Like I said , I learned to speak Greek so that I could understand what was said at all times, you would'nt want to know what I heard. Yes I understand all about what is said about the English by some Scots. but unlike your choice of country it is only a tiny segment of the population. If you had the time and I had the typing skills I could carry on all day making my point.


----------



## yummymummy150 (Sep 8, 2007)

Nev is good to get points over that what a forum is for, you just seem very bitter.
there are good &bad world over.Anyway wish you well, Scotland has a lot of good points too
For now cyprus is for us no one can be sure off the future, just live for the day.
Tricia


----------



## meljaf (Jan 30, 2009)

Thankyou for all your replies I didnt realise that about schools that will need some thought. I know what you are saying about the scots and english, I am english and my husband is scottish and I hear things all the time. For all they say though they dont always mean it, and I wouldnt choose to move back to england even though most of my family are still there. I am at the stage now though that a change is needed and Australia was on the cards but I just dont think that I could move that far from the UK. 
The more we discuss things more people are saying they know people who have moved to cypruss and are loving it. My husband is a joiner, builder, plasterer to trade and I am a nursery nurse so we have got skills to fall back on and are not set on starting a business. 
My worry is that if we dont move soon the children will not want to move and wont. I just want a better place for our children to be brought up. Also I dont want to get to 50 and wish we had tried it.
thanks 
mel


----------



## yummymummy150 (Sep 8, 2007)

We love it ,As said before back up plan,as long as you both want the same thing look at pros&cons. look at budget,
its worth a try .
Tricia


----------



## Guest (Feb 3, 2009)

Have to say best thing we ever did 7 years ago and our kids agree and will not live in the UK again, they say the people here really make it a special place and thats great especially coming from teenagers.


----------



## meljaf (Jan 30, 2009)

Catherine said:


> Have to say best thing we ever did 7 years ago and our kids agree and will not live in the UK again, they say the people here really make it a special place and thats great especially coming from teenagers.
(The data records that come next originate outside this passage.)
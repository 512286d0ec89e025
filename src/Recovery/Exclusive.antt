-- ===== src/Recovery/Exclusive.antt =====
-- One owner of an item at a time: the leases of
-- backend/app/operations/recovery/infrastructure/repository.py.
use gjallar.Prelude.{
  ℕ, ◌+◌, ◌<◌, ◌≡◌, ◌≢◌, refl, sym, subst, String, true, inl, inr, Option, some, arith, str_eq_refl,
  Option-cases, max,
}
use gjallar.Prelude.Text.{strip}
use gjallar.Operation.Event.{Platform}
use gjallar.Result.{ok}
use gjallar.Database.{Database, OperationRecoveryItemRecord, find_recovery, leased}
use gjallar.Recovery.{
  RecoverySpec, RecoveryLease, recovery_item, first_row, prepared_row, observed_row, claim_with,
  prepare_and_claim, claim_operation, owns, locked_owned_row, beaten_row, heartbeat, lease_expiry,
}
use gjallar.Recovery.Generation.{find-update_recovery, find_recovery-id, find_recovery-new}
use gjallar.Recovery.Steps.{prepare_and_claim-eq-ok, claim_operation-eq-ok, heartbeat-eq-ok}

pub locked_owned_row-eq-ok :
    (lease : RecoveryLease) (now : ℕ) (db : Database) (row : OperationRecoveryItemRecord)
    → locked_owned_row lease now db ≡ ok row
    → (find_recovery lease.item.operation_id db.recovery_items ≡ some row)
      × (owns lease now row ≡ true)
unfolding locked_owned_row
locked_owned_row-eq-ok lease now db row h =
    elim (Option-cases (find_recovery lease.item.operation_id db.recovery_items)) [
      | inl absent ↦ ground (arith, absent)
      | inr (stored, found) ↦ (ground (arith, found), ground (arith, found))
    ]

-- While a lease is owned, no claim of the item by `prepare_and_claim` or `claim_operation` returns.
pub owned_excludes :
    (p : Platform) (lease : RecoveryLease) (now : ℕ) (db : Database)
    (row : OperationRecoveryItemRecord) (token owner : String) (lease_time : ℕ) (version : Option ℕ)
    (checksum : Option String) (spec : RecoverySpec) (operation_id : String) (other : RecoveryLease)
    (db' : Database)
    → locked_owned_row lease now db ≡ ok row
    → spec.operation_id ≡ lease.item.operation_id
    → strip operation_id ≡ lease.item.operation_id
    → (prepare_and_claim p now token spec owner lease_time version checksum db ≢ ok (other, db'))
      × (claim_operation now token operation_id owner lease_time version checksum db
          ≢ ok (other, db'))
owned_excludes p lease now db row token owner lease_time version checksum spec operation_id other
      db' owned same1 same2 =
    let (found, own) = locked_owned_row-eq-ok lease now db row owned in
    (
      λ h.
          elim (prepare_and_claim-eq-ok p now token owner lease_time version checksum db spec other
            db' h) [
              | inl (absent, l, stored) ↦ ground (arith, same1, found, absent)
              | inr (row', found', live, unfinished, claim) ↦
                  ground (arith, same1, found, found', live, own)
            ],
      λ h.
          let (row', found', live, unfinished, claim) =
            claim_operation-eq-ok now token owner lease_time version checksum db operation_id other
              db' h in
          ground (arith, same2, found, found', live, own),
    )

-- The lease that a write returns is owned until it expires.
claim-owned :
    (id token : String) (row : OperationRecoveryItemRecord)
    (f : OperationRecoveryItemRecord → OperationRecoveryItemRecord) (db db' : Database)
    (lease : RecoveryLease) (later : ℕ)
    → ((r : OperationRecoveryItemRecord) → (f r).operation_id ≡ r.operation_id)
    → find_recovery id db.recovery_items ≡ some row
    → (lease, db') ≡ claim_with token row f db
    → owns (record { item = recovery_item (f row); token = token }) later (f row) ≡ true
    → locked_owned_row lease later db' ≡ ok (f row)
unfolding claim_with locked_owned_row
claim-owned id token row f db db' lease later key found claim own =
    let same = find_recovery-id id db.recovery_items row found in
    subst (λ (c : RecoveryLease × Database). locked_owned_row c.0 later c.1 ≡ ok (f row))
      (sym claim)
      (ground (arith, same, key row, found, own, find-update_recovery id f db.recovery_items key))

owns-live :
    (row : OperationRecoveryItemRecord) (token : String) (later expiry : ℕ)
    → row.status ≡ leased
    → row.lease_token ≡ some token
    → row.lease_expires_at ≡ some expiry
    → later < expiry
    → owns (record { item = recovery_item row; token = token }) later row ≡ true
owns-live row token later expiry s t e h = ground (arith, s, t, e, str_eq_refl token)

-- A lease that `claim_operation` returns is owned at every time before its expiry, which is at least
-- one second after the claim.
pub claim_operation-owned :
    (now : ℕ) (token operation_id owner : String) (lease_time : ℕ) (version : Option ℕ)
    (checksum : Option String) (db : Database) (lease : RecoveryLease) (db' : Database) (later : ℕ)
    → claim_operation now token operation_id owner lease_time version checksum db ≡ ok (lease, db')
    → later < now + max lease_time 1000000
    → (row : OperationRecoveryItemRecord) × (locked_owned_row lease later db' ≡ ok row)
unfolding observed_row
claim_operation-owned now token operation_id owner lease_time version checksum db lease db' later h
      before =
    let (row, found, live, unfinished, claim) =
      claim_operation-eq-ok now token owner lease_time version checksum db operation_id lease db'
        h in
    let f = observed_row now (strip owner) token lease_time in
    (
      f row,
      claim-owned (strip operation_id) token row f db db' lease later (λ r. refl) found claim
          (owns-live (f row) token later (lease_expiry now lease_time) refl refl refl before),
    )

-- A lease that `prepare_and_claim` returns is owned at every time before its expiry, which is at
-- least one second after the claim.
pub prepare_and_claim-owned :
    (p : Platform) (now : ℕ) (token : String) (spec : RecoverySpec) (owner : String)
    (lease_time : ℕ) (version : Option ℕ) (checksum : Option String) (db : Database)
    (lease : RecoveryLease) (db' : Database) (later : ℕ)
    → prepare_and_claim p now token spec owner lease_time version checksum db ≡ ok (lease, db')
    → later < now + max lease_time 1000000
    → (row : OperationRecoveryItemRecord) × (locked_owned_row lease later db' ≡ ok row)
unfolding prepared_row first_row locked_owned_row
prepare_and_claim-owned p now token spec owner lease_time version checksum db lease db' later h
      before =
    elim (prepare_and_claim-eq-ok p now token owner lease_time version checksum db spec lease db'
      h) [
        | inl (absent, l, stored) ↦
            let new = first_row p now spec (strip owner) token lease_time in
            let own =
              owns-live new token later (lease_expiry now lease_time) refl refl refl before in
            (new, ground (arith, l, stored, own, find_recovery-new db.recovery_items new absent))
        | inr (row, found, live, unfinished, claim) ↦
            let f = prepared_row p now spec (strip owner) token lease_time in
            (
              f row,
              claim-owned spec.operation_id token row f db db' lease later (λ r. refl) found claim
                  (owns-live (f row) token later (lease_expiry now lease_time) refl refl refl
                    before),
            )
      ]

-- A heartbeat that returns keeps the lease's generation and token, and its owner keeps the item until
-- the new expiry.
pub heartbeat-owned :
    (now : ℕ) (lease : RecoveryLease) (lease_time : ℕ) (db : Database) (lease' : RecoveryLease)
    (db' : Database) (later : ℕ)
    → heartbeat now lease lease_time db ≡ ok (lease', db')
    → later < now + max lease_time 1000000
    → (lease'.token ≡ lease.token)
      × (lease'.item.lease_generation ≡ lease.item.lease_generation)
      × ((row : OperationRecoveryItemRecord) × (locked_owned_row lease' later db' ≡ ok row))
unfolding beaten_row claim_with
heartbeat-owned now lease lease_time db lease' db' later h before =
    let (row, owned, claim) = heartbeat-eq-ok now lease lease_time db lease' db' h in
    let (found, own) = locked_owned_row-eq-ok lease now db row owned in
    let f = beaten_row now lease_time in
    (
      ground (arith, claim),
      ground (arith, claim, own),
      (
        f row,
        claim-owned lease.item.operation_id lease.token row f db db' lease' later (λ r. refl) found
            claim (ground (arith, own)),
      ),
    )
Thankyou for your reply, My husband and I are planning a visit in the next month or so I would love to hear your feelings about schools etc as this is one thing that is concerning me. What age are your children? What area are you in? I have to say that as a family we really need to try this! I look forward to hearing any futher comments.
thanks again
Mel


----------



## meljaf (Jan 30, 2009)

I think everywhere you go there are always going to be stories about schools all over the UK also. One of my reasons for moving is that my son doesnt want to go to the high school here and I dont really want him to, also I feel there is nothing for the kids to do. Whats life like outwith school in cyprus for the children? We dont get any Family time at the moment or are to tired to do anything I want to enjoy time with them. You have got me extreamly concerned about the schooling though. We have made a decision to move but maybe cyprus isnt for us the children being the age they are, is there anywhere else you would recommend? I waw going to book flights this weekend Cyprus. 
Maybe we need to anyway and check out schools.
Regards
Mel


----------



## yummymummy150 (Sep 8, 2007)

meljaf said:


> I think everywhere you go there are always going to be stories about schools all over the UK also. One of my reasons for moving is that my son doesnt want to go to the high school here and I dont really want him to, also I feel there is nothing for the kids to do. Whats life like outwith school in cyprus for the children? We dont get any Family time at the moment or are to tired to do anything I want to enjoy time with them. You have got me extreamly concerned about the schooling though. We have made a decision to move but maybe cyprus isnt for us the children being the age they are, is there anywhere else you would recommend? I waw going to book flights this weekend Cyprus.
> Maybe we need to anyway and check out schools.
> Regards
> Mel


Hi Mel,Yes you are right good&bad stories about schools all over.
but all children are different some adapt better than others, no matter where you move even in uk change of school is a big thing. i would come over for a trip go to the schools talk to parents.I dont know if you are looking at private , there are a few small indepentent schools with 16.20 children, also home schooling on line .
all at a cost .Some people are happy with greek school it can work for some .
My son took his family to spain, they came home as not happy with private school for 12 yr old . the 4 yr old went to spanish loved it .Good luck.
Tricia


----------



## meljaf (Jan 30, 2009)

I dont know now! It seems that I am going to have a lot of things to consider. With one child 12 and just about to go to high school and the other 10 and going into primary 7. What do I do for the best? I dont mind them learning greek as I think this would help them fit in but if its going to comprimise 12 year olds education and he is better at a private school then we will have to go down that route. I dont know! help


----------



## griz616 (Sep 9, 2008)

meljaf said:


> I dont know now! It seems that I am going to have a lot of things to consider. With one child 12 and just about to go to high school and the other 10 and going into primary 7. What do I do for the best? I dont mind them learning greek as I think this would help them fit in but if its going to comprimise 12 year olds education and he is better at a private school then we will have to go down that route. I dont know! help


seems like a lot of people like cyprus ,I have never been . Sounds like I need more info. griz616


----------



## Veronica (Apr 5, 2008)

meljaf said:


> I dont know now! It seems that I am going to have a lot of things to consider. With one child 12 and just about to go to high school and the other 10 and going into primary 7. What do I do for the best? I dont mind them learning greek as I think this would help them fit in but if its going to comprimise 12 year olds education and he is better at a private school then we will have to go down that route. I dont know! help


Mel come over on holiday, have a look at the schools and try to get to see as much of the area as possible.
If you have read what kimonas has to say about the schooling system here in cyprus it should at least give you some pointers at which direction you feel you might like to go.
The information you can get the better placed you will be to make a decision.
Its important to do your research before taking taking the plunge.

Veronica


----------



## Guest (Feb 6, 2009)

sorry my last message was deleted it was a recommendation nothing else. I will say it again without the reference to business.
Our kids are now 15, 16 and 19, our eldest was 13 when we arrived and it was a difficult age to come better maximum 10 or 11 years because of friends etc. Anyway we can help with schools in the Limassol area we know all of the high schools very well. If you have any specific questions on anything I can answer them individually from my point of view. When you are next over you are welcome to come for a coffee and chat.


----------